I was wary that Carl Steinbach didn’t published the July Hive User Group meetup‘s agenda until the morning of the meetup. But as it turns out, my concerns were unfounded.

Of course, 2013 is a busy summer in Big Data with a lot of work under way on many fronts including Stinger/Tez/YARN, Impala, and other SQLization efforts.

The July Hive User Group was hosted at LinkedIn’s offices. A big thanks go out to LinkedIn’s AV team who recorded and edited the event. (Catch the recording here.)

LinkedIn’s Mohammad Islam started off the evening with a survey of their data architecture. He tag-teamed with Mark Wagner and Karthik Ramasamy to cover LinkedIn’s usage of Hive. LinkedIn’s data sources is composed of three classes: event data (generated by the user’s interaction with the website), account/profile data (hosted in Oracle) and external data (from partners).

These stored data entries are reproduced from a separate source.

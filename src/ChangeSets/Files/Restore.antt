-- ===== src/ChangeSets/Files/Restore.antt =====
-- A snapshot of app/services/change_set_store.py gives the worktree back.
use test_gpt_local.Prelude.{
  ◌≡◌, refl, String, true, false, List, [], ◌∷◌, arith, Option, none, some, inl, inr, Bool-cases,
  Option-cases, All,
}
use test_gpt_local.Prelude.Text.{mem, eq_iff, eq_refl}
use test_gpt_local.Prelude.Dict
use test_gpt_local.Prelude.Dict.{IsUnique, get-put, get-remove, put-IsUnique, remove-IsUnique}
use test_gpt_local.ChangeSets.State.{File, Files, FileRow, Saved, Tools}
use test_gpt_local.ChangeSets.Files.{snapshot_rollback, saved, restore}

abbrev pub paths : List FileRow → List String
paths [] = []
paths (item ∷ items) = item.path ∷ paths items

module _ (tools : Tools) where
  -- The path is one that a change set may write to.
  abbrev pub IsAllowed : FileRow → Type 0
  IsAllowed item = (tools.resolves item.path ≡ true) × (tools.denied item.path ≡ false)

  -- The trees hold the same files, but for the listed paths.
  abbrev pub AgreesBut : List String → Files → Files → Type 0
  AgreesBut ps t u = (p : String) → mem p ps ≡ false → Dict.get p u ≡ Dict.get p t

  abbrev pub Same : Files → Files → Type 0
  Same t u = (p : String) → Dict.get p u ≡ Dict.get p t

  Restores : List Saved → Files → Files → Type 0
  Restores ss t u = ((restore tools ss u).0 ≡ true) × Same t (restore tools ss u).1

  -- Nothing but a regular file stands in the way at the path, and the operating system lets it be
  -- replaced or removed.
  pub record CanRestore (path : String) (u : Files) : Type 0 where
    pub replaces : tools.replaces path u ≡ true
    pub chmods : (f : File) → tools.chmods path (Dict.put path f u) ≡ true
    pub unlinks : tools.unlinks path u ≡ true

  -- That is so for the listed paths, in every tree that differs from `t` at most in `all`.
  abbrev pub IsClear : (all : List String) → Files → List FileRow → Type 0
  IsClear all t items = All (λ item. (u : Files) → AgreesBut all t u → CanRestore item.path u) items

  AgreesBut-widen :
      (path : String) (ps : List String) (t u : Files)
      → AgreesBut ps t u
      → AgreesBut (path ∷ ps) t u
  unfolding mem
  AgreesBut-widen path ps t u a p h = a p (ground (arith, h))

  AgreesBut-put :
      (path : String) (ps : List String) (t u : Files) (f : File)
      → AgreesBut (path ∷ ps) t u
      → Dict.get path t ≡ some f
      → AgreesBut ps t (Dict.put path f u)
  unfolding mem
  AgreesBut-put path ps t u f a e p h = ground (arith, get-put path p f u, eq_iff path p, e, a p, h)

  AgreesBut-remove :
      (path : String) (ps : List String) (t u : Files)
      → IsUnique u
      → AgreesBut (path ∷ ps) t u
      → Dict.get path t ≡ none
      → AgreesBut ps t (Dict.remove path u)
  unfolding mem
  AgreesBut-remove path ps t u unique a e p h =
      ground (arith, get-remove path p u unique, eq_iff path p, e, a p, h)

  restore-saved :
      (path : String) (o : Option File) (rest : List Saved) (u : Files)
      → tools.resolves path ≡ true
      → tools.denied path ≡ false
      → CanRestore path u
      → restore tools (saved tools path o ∷ rest) u
        ≡ restore tools rest (elim o [ none ↦ Dict.remove path u | some f ↦ Dict.put path f u ])
  unfolding restore saved
  restore-saved path none rest u r d c = rw (r, d, c.unlinks) refl
  restore-saved path (some f) rest u r d c = rw (r, d, eq_refl, c.replaces, c.chmods f) refl

  snapshot_rollback-nil :
      (t : Files) (ss : List Saved) → snapshot_rollback tools [] t ≡ some ss → [] ≡ ss
  unfolding snapshot_rollback
  snapshot_rollback-nil t ss e = cc

  snapshot_rollback-cons :
      (item : FileRow) (items : List FileRow) (t : Files) (ss : List Saved)
      → snapshot_rollback tools (item ∷ items) t ≡ some ss
      → (rest : List Saved) × (snapshot_rollback tools items t ≡ some rest)
        × (saved tools item.path (Dict.get item.path t) ∷ rest ≡ ss)
  unfolding snapshot_rollback
  snapshot_rollback-cons item items t ss e = elim (Option-cases (snapshot_rollback tools items t)) [
    | inl n ↦ cc (rw n at e)
    | inr (rest, f) ↦ elim (Bool-cases (tools.resolves item.path)) [
      | inl r ↦ (rest, f, cc (rw (f, r) at e))
      | inr r ↦ cc (rw (f, r) at e)
    ]
  ]

  restore-All :
      (all : List String) (items : List FileRow) (t u : Files) (ss : List Saved)
      → ((v : Files) → AgreesBut (paths items) t v → AgreesBut all t v)
      → IsClear all t items
      → All IsAllowed items
      → snapshot_rollback tools items t ≡ some ss
      → IsUnique u
      → AgreesBut (paths items) t u
      → ((restore tools ss u).0 ≡ true) × Same t (restore tools ss u).1
  unfolding mem
  restore-All all [] t u ss wide clear allowed e unique a =
      rw (← snapshot_rollback-nil t ss e) (unfold restore in (refl, λ p. a p refl))
  restore-All all (item ∷ items) t u ss wide clear allowed e unique a =
      let (rest, f, g) = snapshot_rollback-cons item items t ss e in
      let can = clear.0 u (wide u a) in
      let next = λ (v : Files) (b : AgreesBut (paths items) t v).
        wide v (AgreesBut-widen item.path (paths items) t v b) in
      elim (Option-cases (Dict.get item.path t)) [
        | inl n ↦
            rw (← g, n, restore-saved item.path none rest u (allowed.0).0 (allowed.0).1 can)
              (restore-All all items t (Dict.remove item.path u) rest next clear.1 allowed.1 f
                (remove-IsUnique item.path u unique)
                (AgreesBut-remove item.path (paths items) t u unique a n))
        | inr (x, n) ↦
            rw (← g, n, restore-saved item.path (some x) rest u (allowed.0).0 (allowed.0).1 can)
              (restore-All all items t (Dict.put item.path x u) rest next clear.1 allowed.1 f
                (put-IsUnique item.path x u unique)
                (AgreesBut-put item.path (paths items) t u x a n))
      ]

  -- Where the path guard allows the paths of a snapshot, and nothing but regular files that can be
  -- replaced and removed stands at them, in whatever tree that differs from the captured one at most
  -- there, the snapshot gives the captured files back: no entry is refused, and every path has its file.
  pub restore-snapshot_rollback :
      (items : List FileRow) (t u : Files) (ss : List Saved)
      → IsClear (paths items) t items
      → All IsAllowed items
      → snapshot_rollback tools items t ≡ some ss
      → IsUnique u
      → AgreesBut (paths items) t u
      → ((restore tools ss u).0 ≡ true) × Same t (restore tools ss u).1
  restore-snapshot_rollback items t u ss clear =
      restore-All (paths items) items t u ss (λ v b. b) clear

(Speaking of LinkedIn, I note that Monica Rogati most recently joined Jawbone as their first VP of Data. Together with my inconsistent sleep, I joined the quantified self fray with the Jawbone Up. More on this in the future as the data accumulates.)

Yahoo’s Chris Drome followed up with a session on Yahoo’s usage of HiveServer2. Chris did a comprehensive survey of the challenges he and his team faced to make Yahoo’s various clusters available to both internal and external teams. There are challenges remaining including HIVE-3746 that I had previously shared at the February meetup. I’m looking forward to working that thru with Chris in the coming months.

Gunther Hagleitner next provided a retrospective on Hive 0.11 and Tez. Alan Gates and his team have been regularly reporting on the progress of  Stinger since the February Strata:





Carter Shanklin had the best teaser of the evening mainly because his demo of geospatial analytic was sunk by wireless networking problems. But he’s since blogged about it so catch it

Arvind Prabhakar closed off the evening with a hot-off-the-press look into Cloudera’s role-based authorization system, Sentry.


If it isn’t obvious, the SQLization of Hadoop is in earnest and Hive, the grand-daddy of all SQL-on/in-Hadoop efforts is evolving with the times.